Ottawa serre la vis aux réseaux sociaux
Le gouvernement Trudeau propose de lourdes sanctions financières pour lutter contre la haine en ligne
OTTAWA | Le gouvernement fédéral envisage d’imposer des sanctions pouvant atteindre des milliards $ aux plateformes de réseaux sociaux qui diffusent des contenus haineux ou de la pornographie juvénile.
L’équipe Trudeau a dévoilé hier son plan pour sévir contre l’explosion de haine en ligne, en vue d’un projet de loi qui doit être déposé à l’automne.
La proposition vise cinq catégories de contenus préjudiciables : les discours haineux, les contenus relatifs à l’exploitation sexuelle des enfants, le partage non consensuel d’images intimes, les contenus d’incitation à la violence et les contenus terroristes.

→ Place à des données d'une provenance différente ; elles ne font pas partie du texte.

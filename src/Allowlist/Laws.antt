-- ===== src/Allowlist/Laws.antt =====
-- Which hosts may register, and what registration makes of a host.
use base_layer.Base.{
  ℕ, Bool, true, false, none, some, List, [], ◌∷◌, String, ◌≡◌, ◌≢◌, ◌⊎◌, inl, inr, Memᴰ, arith,
  refl, sym, ap, ◌∙◌, Bool-cases, Option-cases, eq_iff, ◌==◌,
}
use base_layer.Base.Dict.{Dict, lookup, insert, lookup-insert}
use base_layer.Types.{HostRecord, ProviderHostConfigEntry}
use base_layer.Scheduler.{HostSelectionOptions}
use base_layer.Scheduler.Admission.{Admits}
use base_layer.Allowlist.{
  ProviderHostAllowlist, set_entries, new, get, is_allowed, enrich, enrich_registered_host,
  non_empty,
}

-- An entry of the map was configured, or was there before.
lookup-set_entries :
    (configured : List ProviderHostConfigEntry) (map : Dict ProviderHostConfigEntry) (id : String)
    (entry : ProviderHostConfigEntry)
    → lookup id (set_entries configured map) ≡ some entry
    → (Memᴰ entry configured × (entry.host_id ≡ id)) ⊎ (lookup id map ≡ some entry)
unfolding set_entries
lookup-set_entries [] map id entry h = inr h
lookup-set_entries (c ∷ rest) map id entry h =
    elim (lookup-set_entries rest (insert c.host_id c map) id entry h) [
      | inl (m, e) ↦ inl (Memᴰ.tail m, e)
      | inr old ↦ elim (Bool-cases (c.host_id == id)) [
        | inl same ↦
            let here : c ≡ entry = ground (arith, lookup-insert c.host_id id c map) in
            inl
              (Memᴰ.head (sym here), ap (λ e. e.host_id) (sym here) ∙ (eq_iff c.host_id id).0 same)
        | inr other ↦ inr (ground (arith, lookup-insert c.host_id id c map))
      ]
    ]

lookup-new :
    (configured : List ProviderHostConfigEntry) (enforced : Bool) (id : String)
    (entry : ProviderHostConfigEntry)
    → lookup id (new configured enforced).entries ≡ some entry
    → (Memᴰ entry configured × (entry.host_id ≡ id)) ⊎ (none ≡ some entry)
unfolding new lookup
lookup-new configured enforced id entry h = lookup-set_entries configured [] id entry h

non_empty-insert :
    (id : String) (entry : ProviderHostConfigEntry) (map : Dict ProviderHostConfigEntry)
    → non_empty (insert id entry map) ≡ true
unfolding insert
non_empty-insert id entry [] = refl
non_empty-insert id entry ((j, e) ∷ map) = ground arith

non_empty-set_entries :
    (configured : List ProviderHostConfigEntry) (map : Dict ProviderHostConfigEntry)
    → non_empty map ≡ true
    → non_empty (set_entries configured map) ≡ true
unfolding set_entries
non_empty-set_entries [] map h = h
non_empty-set_entries (c ∷ rest) map h =
    non_empty-set_entries rest (insert c.host_id c map) (non_empty-insert c.host_id c map)

pub new-enforced :
    (configured : List ProviderHostConfigEntry) (enforced : Bool)
    → (enforced ≡ true) ⊎ (configured ≢ [])
    → (new configured enforced).enforced ≡ true
unfolding new
new-enforced configured enforced (inl e) = rw e
new-enforced [] enforced (inr some_host) = absurd (some_host refl)
new-enforced (c ∷ rest) enforced (inr some_host) =
    ground
      (arith, non_empty-set_entries rest (insert c.host_id c []) (non_empty-insert c.host_id c []))

-- With any host configured, or with enforcement asked for, only a host with a configured and enabled
-- entry may register.
pub is_allowed-configured :
    (configured : List ProviderHostConfigEntry) (enforced : Bool) (id : String)
    → (enforced ≡ true) ⊎ (configured ≢ [])
    → is_allowed (new configured enforced) id ≡ true
    → (entry : ProviderHostConfigEntry) × Memᴰ entry configured
      × (entry.host_id ≡ id)
      × (entry.enabled ≡ true)
unfolding is_allowed get
is_allowed-configured configured enforced id strict h =
    elim (Option-cases (lookup id (new configured enforced).entries)) [
      | inl missing ↦ absurd (ground (arith, new-enforced configured enforced strict))
      | inr (entry, hit) ↦ elim (found entry hit) [
        | inl (m, e) ↦ (entry, m, e, ground (arith, new-enforced configured enforced strict))
        | inr none_before ↦ absurd (ground arith)
      ]
    ]
  where
    found :
        (entry : ProviderHostConfigEntry)
        → lookup id (new configured enforced).entries ≡ some entry
        → (Memᴰ entry configured × (entry.host_id ≡ id)) ⊎ (none ≡ some entry)
    found entry hit = lookup-new configured enforced id entry hit

-- A registered host whose entry is switched off meets the scheduler's conditions for no request.
pub enrich_registered_host-disabled :
    (allowlist : ProviderHostAllowlist) (input : HostRecord) (entry : ProviderHostConfigEntry)
    (percent : ℕ → ℕ → ℕ) (options : HostSelectionOptions) (warm : ℕ)
    → get allowlist input.host_id ≡ some entry
    → entry.enabled ≡ false
    → ¬ Admits percent options (enrich_registered_host allowlist input) warm
unfolding enrich_registered_host enrich
enrich_registered_host-disabled allowlist input entry percent options warm hit off a =
    ground (arith, a.enabled)
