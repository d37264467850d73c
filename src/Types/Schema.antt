-- ===== src/Types/Schema.antt =====
-- The checks that zod's `parse` makes of a record that has the right shape already: lengths, ranges,
-- entry counts, URLs and UUIDs. A failed check throws, and `parse` returns its argument otherwise.
use base_layer.Base.{
  ◌≡◌, arith, false, Bool, true, ◌&&◌, not, ◌==◌, Option, none, some, String, ltb, leb, sized, all,
  length, Result, ok, err, zod_error, if◌then◌else◌,
}
use base_layer.Base.Int.{ℤ, pos, negsuc}
use base_layer.Types.Provider.{
  ProviderSessionMetadata, ProviderSessionTags, EventScalar, ProviderEventData, HostLabels,
}
use base_layer.Types.Host.{HostCapacity, WarmPool, HostMetrics, HostRecord}
use base_layer.Types.Session.{SessionLogSnapshot, SessionMetrics, SessionRecord, SessionEventRecord}
use base_layer.Types.State.{IdempotencyRecord, HostCreateReservation, HostDeleteReservation}

-- zod's own tests of a text, which the schemas use: `.url()` and `.uuid()`.
pub record Formats : Type 0 where
  pub is_url : String → Bool
  pub is_uuid : String → Bool

-- `schema.optional()`
abbrev pub optional {ℓ} : {A : Type ℓ} → (A → Bool) → Option A → Bool
optional test none = true
optional test (some a) = test a

abbrev pub checked {ℓ} : {A : Type ℓ} → Bool → A → Result A
checked valid a = if valid then ok a else err zod_error

pub checked-eq-ok {ℓ} :
    {A : Type ℓ} (valid : Bool) (a : A) {b : A} → checked valid a ≡ ok b → (valid ≡ true) × (b ≡ a)
checked-eq-ok true a h = ground arith
checked-eq-ok false a h = absurd (ground arith)

unfoldable pub valid_metadata : ProviderSessionMetadata → Bool
valid_metadata p =
    optional (sized 1 128) p.upstream_provider
    && optional (sized 1 256) p.provider_session_id
    && optional (sized 1 128) p.tenant_id
    && optional (sized 1 128) p.project_id
    && optional (sized 1 128) p.workflow_id
    && optional (sized 1 128) p.workload_class

unfoldable pub valid_tags : ProviderSessionTags → Bool
valid_tags tags = all (λ e. sized 1 128 e.0 && sized 1 256 e.1) tags && leb (length tags) 16

unfoldable pub valid_labels : HostLabels → Bool
valid_labels labels = all (λ e. sized 1 128 e.0 && sized 1 256 e.1) labels && leb (length labels) 24

unfoldable pub valid_scalar : EventScalar → Bool
valid_scalar (EventScalar.text s) = sized 0 512 s
valid_scalar (EventScalar.number n) = true
valid_scalar (EventScalar.flag b) = true
valid_scalar EventScalar.null = true

unfoldable pub valid_event_data : ProviderEventData → Bool
unfolding valid_scalar
valid_event_data entries =
    all (λ e. sized 1 128 e.0 && valid_scalar e.1) entries && leb (length entries) 24

unfoldable pub valid_capacity : HostCapacity → Bool
valid_capacity c =
    ltb 0 c.max_sessions
    && ltb 0 c.max_renderer_count
    && ltb 0 c.session_memory_limit_mb
    && ltb 0 c.session_shm_limit_mb
    && ltb 0 c.session_renderer_limit
    && leb 1 c.max_shm_utilization_pct
    && leb c.max_shm_utilization_pct 100

unfoldable pub valid_metrics : HostMetrics → Bool
valid_metrics m =
    leb m.memory_pressure_pct 100
    && leb m.cpu_utilization_pct 100
    && all (λ p. sized 1 128 (WarmPool.runtime_profile p)) m.warm_pools
    && leb (length m.warm_pools) 64

unfoldable pub valid_logs : SessionLogSnapshot → Bool
valid_logs l = all (sized 0 2048) l.lines && leb (length l.lines) 200

unfoldable pub valid_weight : ℤ → Bool
valid_weight (pos n) = leb n 19
valid_weight (negsuc n) = ltb n 20

unfoldable pub valid_session_metrics : SessionMetrics → Bool
unfolding valid_weight
valid_session_metrics m =
    ltb 0 m.memory_limit_mb && ltb 0 m.shm_limit_mb && valid_weight m.scheduler_weight

unfoldable pub valid_event : SessionEventRecord → Bool
unfolding valid_event_data
valid_event e = optional valid_event_data e.details

-- `sessionEventRecordSchema.parse`
unfoldable pub parse_event : SessionEventRecord → Result SessionEventRecord
parse_event e = checked (valid_event e) e

unfoldable pub valid_idempotency : IdempotencyRecord → Bool
valid_idempotency r =
    sized 1 256 r.scope_key
    && sized 1 256 r.idempotency_key
    && sized 1 256 r.route
    && sized 1 128 r.request_hash
    && leb 100 r.response_status
    && leb r.response_status 599

-- `idempotencyRecordSchema.parse`
unfoldable pub parse_idempotency : IdempotencyRecord → Result IdempotencyRecord
parse_idempotency r = checked (valid_idempotency r) r

module _ (formats : Formats) where
  open formats use {is_url, is_uuid}

  unfoldable pub valid_host : HostRecord → Bool
  valid_host h =
      is_url h.api_url
      && optional (sized 1 64) h.region
      && optional (sized 1 128) h.instance_type
      && optional valid_labels h.labels
      && optional (λ ps. all (sized 1 128) ps && leb (length ps) 64) h.supported_runtime_profiles
      && valid_capacity h.capacity
      && valid_metrics h.metrics

  -- `hostRecordSchema.parse`
  unfoldable pub parse_host : HostRecord → Result HostRecord
  parse_host h = checked (valid_host h) h

  unfoldable pub valid_session : SessionRecord → Bool
  valid_session s =
      is_url s.connect_url
      && is_url s.cdp_url
      && is_url s.playwright_url
      && is_url s.puppeteer_url
      && is_url s.debug_http_url
      && ltb 0 s.timeout_sec
      && ltb 0 s.idle_timeout_sec
      && optional valid_metadata s.provider
      && optional valid_tags s.session_tags
      && optional valid_logs s.recent_logs
      && optional valid_session_metrics s.last_known_metrics

  -- `sessionRecordSchema.parse`
  unfoldable pub parse_session : SessionRecord → Result SessionRecord
  parse_session s = checked (valid_session s) s

  unfoldable pub valid_create_reservation : HostCreateReservation → Bool
  valid_create_reservation r =
      is_uuid r.session_id
      && not (r.host_id == "")
      && optional (sized 1 128) r.runtime_profile
      && optional (sized 1 64) r.preferred_region

  -- `hostCreateReservationSchema.parse`
  unfoldable pub parse_create_reservation : HostCreateReservation → Result HostCreateReservation
  parse_create_reservation r = checked (valid_create_reservation r) r

  unfoldable pub valid_delete_reservation : HostDeleteReservation → Bool
  valid_delete_reservation r = is_uuid r.session_id && not (r.host_id == "")

  -- `hostDeleteReservationSchema.parse`
  unfoldable pub parse_delete_reservation : HostDeleteReservation → Result HostDeleteReservation
  parse_delete_reservation r = checked (valid_delete_reservation r) r
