-- ===== src/Server/Report.antt =====
-- `fastify.patch("/internal/sessions/:sessionId", …)`: what a node agent reports of a session.
pub mod Events
pub mod Laws
mod Tests
use base_layer.Base.{
  ℕ, Bool, true, false, ◌&&◌, ◌||◌, not, Option, none, some, List, [], ◌∷◌, String, length, truthy,
  same_text, if◌then◌else◌, Result,
}
use base_layer.Types.{
  SessionRecord, SessionMetrics, SessionLogSnapshot, SessionStatus, SessionActivityState,
  SessionEventRecord, SessionEventType, EventScalar, ProviderEventData, same_status, same_activity,
  terminated, failed, launching, active_navigation, interactive_idle, soak_idle, node_agent,
  session_status_updated, session_exit_reason_set, session_activity_updated,
  session_metrics_updated,
}
use base_layer.Types.Platform.{Platform}
use base_layer.Query.{status_text}
use base_layer.Scheduler.{coalesce}
use base_layer.Store.Monad.{with_write_lock}
use base_layer.Store.Reads.{get_session}
use base_layer.Store.Writes.{upsert_session, append_session_event}
use base_layer.Server.Handler.{Handler, ◌>>=◌, ◌>>◌, pure, Reply, send}

-- The body: the server does not check it, the store's schemas do.
pub record SessionUpdate : Type 0 where
  pub status : Option SessionStatus
  pub exit_reason : Option String
  pub recent_logs : Option SessionLogSnapshot
  pub last_known_metrics : Option SessionMetrics

-- What one call of the store takes from its process: how its wait for the lock ends, the clock, a
-- fresh id.
pub record Call : Type 0 where
  pub lock : Result (Unit {0})
  pub now : ℕ
  pub event_id : String

-- The calls of the store in the order of the code.
pub record ReportRun : Type 0 where
  pub now : ℕ
  pub upsert : Call
  pub status_event : Call
  pub exit_event : Call
  pub activity_event : Call
  pub metrics_event : Call
  pub logs_event : Call

unfoldable pub is_terminal_status : SessionStatus → Bool
is_terminal_status status = same_status status terminated || same_status status failed

abbrev pub activity_text : SessionActivityState → String
activity_text launching = "launching"
activity_text active_navigation = "active-navigation"
activity_text interactive_idle = "interactive-idle"
activity_text soak_idle = "soak-idle"

-- `first ?? second`, for a value that is there
abbrev pub status_or : Option SessionStatus → SessionStatus → SessionStatus
status_or none kept = kept
status_or (some status) kept = status

abbrev pub next_status : SessionUpdate → SessionRecord → SessionStatus
next_status body session = status_or body.status session.status

abbrev pub next_exit_reason : SessionUpdate → SessionRecord → Option String
next_exit_reason body session = coalesce body.exit_reason session.exit_reason

abbrev pub next_metrics : SessionUpdate → SessionRecord → Option SessionMetrics
next_metrics body session = coalesce body.last_known_metrics session.last_known_metrics

abbrev pub activity_of : Option SessionMetrics → Option SessionActivityState
activity_of none = none
activity_of (some metrics) = some metrics.activity_state

abbrev pub activity_scalar : Option SessionActivityState → EventScalar
activity_scalar none = EventScalar.null
activity_scalar (some activity) = EventScalar.text (activity_text activity)

-- `next && next !== previous`
abbrev pub activity_changed : Option SessionActivityState → Option SessionActivityState → Bool
activity_changed none previous = false
activity_changed (some next) none = true
activity_changed (some next) (some previous) = not (same_activity next previous)

-- The record that is stored.
unfoldable pub reported : SessionUpdate → SessionRecord → ℕ → SessionRecord
unfolding is_terminal_status
reported body session now = record session {
  status = next_status body session;
  exit_reason = next_exit_reason body session;
  ended_at =
      if is_terminal_status (next_status body session)
      then coalesce session.ended_at (some now)
      else session.ended_at;
  recent_logs = coalesce body.recent_logs session.recent_logs;
  last_known_metrics = next_metrics body session;
}

-- `appendSessionEvent`, for the source "node-agent"
abbrev agent_event :
    Call
    → String
    → SessionEventType
    → SessionStatus
    → Option SessionActivityState
    → Option String
    → Option ProviderEventData
    → SessionEventRecord
agent_event call id type status activity exit_reason details = record {
  event_id = call.event_id;
  session_id = id;
  ts = call.now;
  source = node_agent;
  type = type;
  status = some status;
  activity_state = activity;
  exit_reason = exit_reason;
  details = details;
}

abbrev pub status_details : SessionStatus → SessionStatus → ProviderEventData
status_details previous next =
    ("previousStatus", EventScalar.text (status_text previous))
    ∷ ("nextStatus", EventScalar.text (status_text next))
    ∷ []

abbrev pub activity_details :
    Option SessionActivityState → Option SessionActivityState → ProviderEventData
activity_details previous next =
    ("previousActivityState", activity_scalar previous)
    ∷ ("nextActivityState", activity_scalar next)
    ∷ []

abbrev pub metrics_details : SessionMetrics → ProviderEventData
metrics_details metrics =
    ("memoryMb", EventScalar.number metrics.memory_mb)
    ∷ ("cpuPct", EventScalar.number metrics.cpu_pct)
    ∷ ("rendererCount", EventScalar.number metrics.renderer_count)
    ∷ ("shmUsedMb", EventScalar.number metrics.shm_used_mb)
    ∷ []

abbrev pub when : Bool → Handler (Unit {0}) → Handler (Unit {0})
when test step = if test then step else pure tt

abbrev pub record_event : Platform → Call → SessionEventRecord → Handler (Unit {0})
record_event platform call event =
    with_write_lock platform.formats call.lock (append_session_event platform event call.now)
    >>= λ _. pure tt

module _ (platform : Platform) (run : ReportRun) (body : SessionUpdate) (id : String) where
  unfoldable pub status_event : SessionRecord → SessionEventRecord
  status_event session =
      agent_event run.status_event id session_status_updated (next_status body session) none
        (next_exit_reason body session)
        (some (status_details session.status (next_status body session)))

  unfoldable pub exit_event : SessionRecord → SessionEventRecord
  exit_event session =
      agent_event run.exit_event id session_exit_reason_set (next_status body session) none
        (next_exit_reason body session) none

  unfoldable pub activity_event : SessionRecord → SessionEventRecord
  activity_event session =
      let next = activity_of (next_metrics body session) in
      agent_event run.activity_event id session_activity_updated (next_status body session) next
        none (some (activity_details (activity_of session.last_known_metrics) next))

  unfoldable pub metrics_event : SessionRecord → SessionMetrics → SessionEventRecord
  metrics_event session metrics =
      agent_event run.metrics_event id session_metrics_updated (next_status body session)
        (some metrics.activity_state) none (some (metrics_details metrics))

  unfoldable pub logs_event : SessionRecord → SessionLogSnapshot → SessionEventRecord
  logs_event session logs =
      agent_event run.logs_event id session_metrics_updated (next_status body session) none none
        (some (("logLines", EventScalar.number (length logs.lines)) ∷ []))

  unfoldable pub metrics_step : Option SessionMetrics → SessionRecord → Handler (Unit {0})
  unfolding metrics_event
  metrics_step none session = pure tt
  metrics_step (some metrics) session =
      record_event platform run.metrics_event (metrics_event session metrics)

  unfoldable pub logs_step : Option SessionLogSnapshot → SessionRecord → Handler (Unit {0})
  unfolding logs_event
  logs_step none session = pure tt
  logs_step (some logs) session = record_event platform run.logs_event (logs_event session logs)

  unfoldable pub report_events : SessionRecord → Handler Reply
  unfolding status_event exit_event activity_event metrics_step logs_step
  report_events session = do
    when (not (same_status (next_status body session) session.status))
        (record_event platform run.status_event (status_event session))
    when
        (truthy (next_exit_reason body session)
          && not (same_text (next_exit_reason body session) session.exit_reason))
        (record_event platform run.exit_event (exit_event session))
    when
        (activity_changed (activity_of (next_metrics body session))
          (activity_of session.last_known_metrics))
        (record_event platform run.activity_event (activity_event session))
    metrics_step body.last_known_metrics session
    logs_step body.recent_logs session
    pure (send 202)

  unfoldable pub report_found : Option SessionRecord → Handler Reply
  unfolding reported report_events
  report_found none = pure (send 404)
  report_found (some session) = do
    updated ←
        with_write_lock platform.formats run.upsert.lock
          (upsert_session platform (reported body session run.now) run.upsert.now)
    report_events session

  unfoldable pub report_session : Handler Reply
  unfolding report_found
  report_session = do session ← get_session platform id; report_found session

Facebook, Twitter, TikTok, YouTube ou encore Instagram auraient ainsi l’obligation de surveiller l’apparition de ces contenus, de les supprimer dans un délai maximal de 24 h et d’expliquer pourquoi et comment ils modèrent les contenus.
Sans quoi, ces plateformes pourraient se voir imposer des amendes allant jusqu’à 5 % de leur revenu brut global. Pour Facebook, qui a engrangé 85 milliards $ en 2020, ceci représenterait 2,6 G$.
« Ça semble être un pas en avant. Le projet indique aux plateformes de s’organiser elles-mêmes pour avoir de meilleures pratiques de modération », indique Pierre Trudel, du Centre de recherche en droit public de l’Université de Montréal.
PAS LES MESSAGERIES
Par contre, le juriste déplore que les services de messageries privées, comme WhatsApp, Messenger ou Telegram, ne soient pas concernés.
« C’est la grande faiblesse de la proposition », croit-il, car les applications de messagerie privées sont largement utilisées comme outils de diffusion de masse.
Par exemple, des dizaines de jeunes membres d’un même groupe de discussion sur WhatsApp peuvent partager ensemble des images intimes d’une adolescente sans son consentement.
L’attaque du Capitole a aussi été diffusée en direct sur ce type de plateforme.
« Si on ne s’attaque pas à ça maintenant, on risque de passer complètement à côté du problème », estime le juriste.
MAUVAIS TIMING
Pierre Trudel critique également le lancement de cette proposition en plein été pour une consultation publique qui doit se terminer dans moins de deux mois, soit le 25 septembre. Contrer la haine en ligne était pourtant présenté comme une priorité du gouvernement Trudeau.
« Après six ans au pouvoir, les libéraux ont laissé les victimes de la haine en ligne sans réelles protections et ont présenté à la dernière minute un projet de loi et des consultations qui en font trop peu et sont pleins de failles. C’est cynique et irrespectueux pour les victimes », a quant à lui déclaré le chef néodémocrate Jagmeet Singh.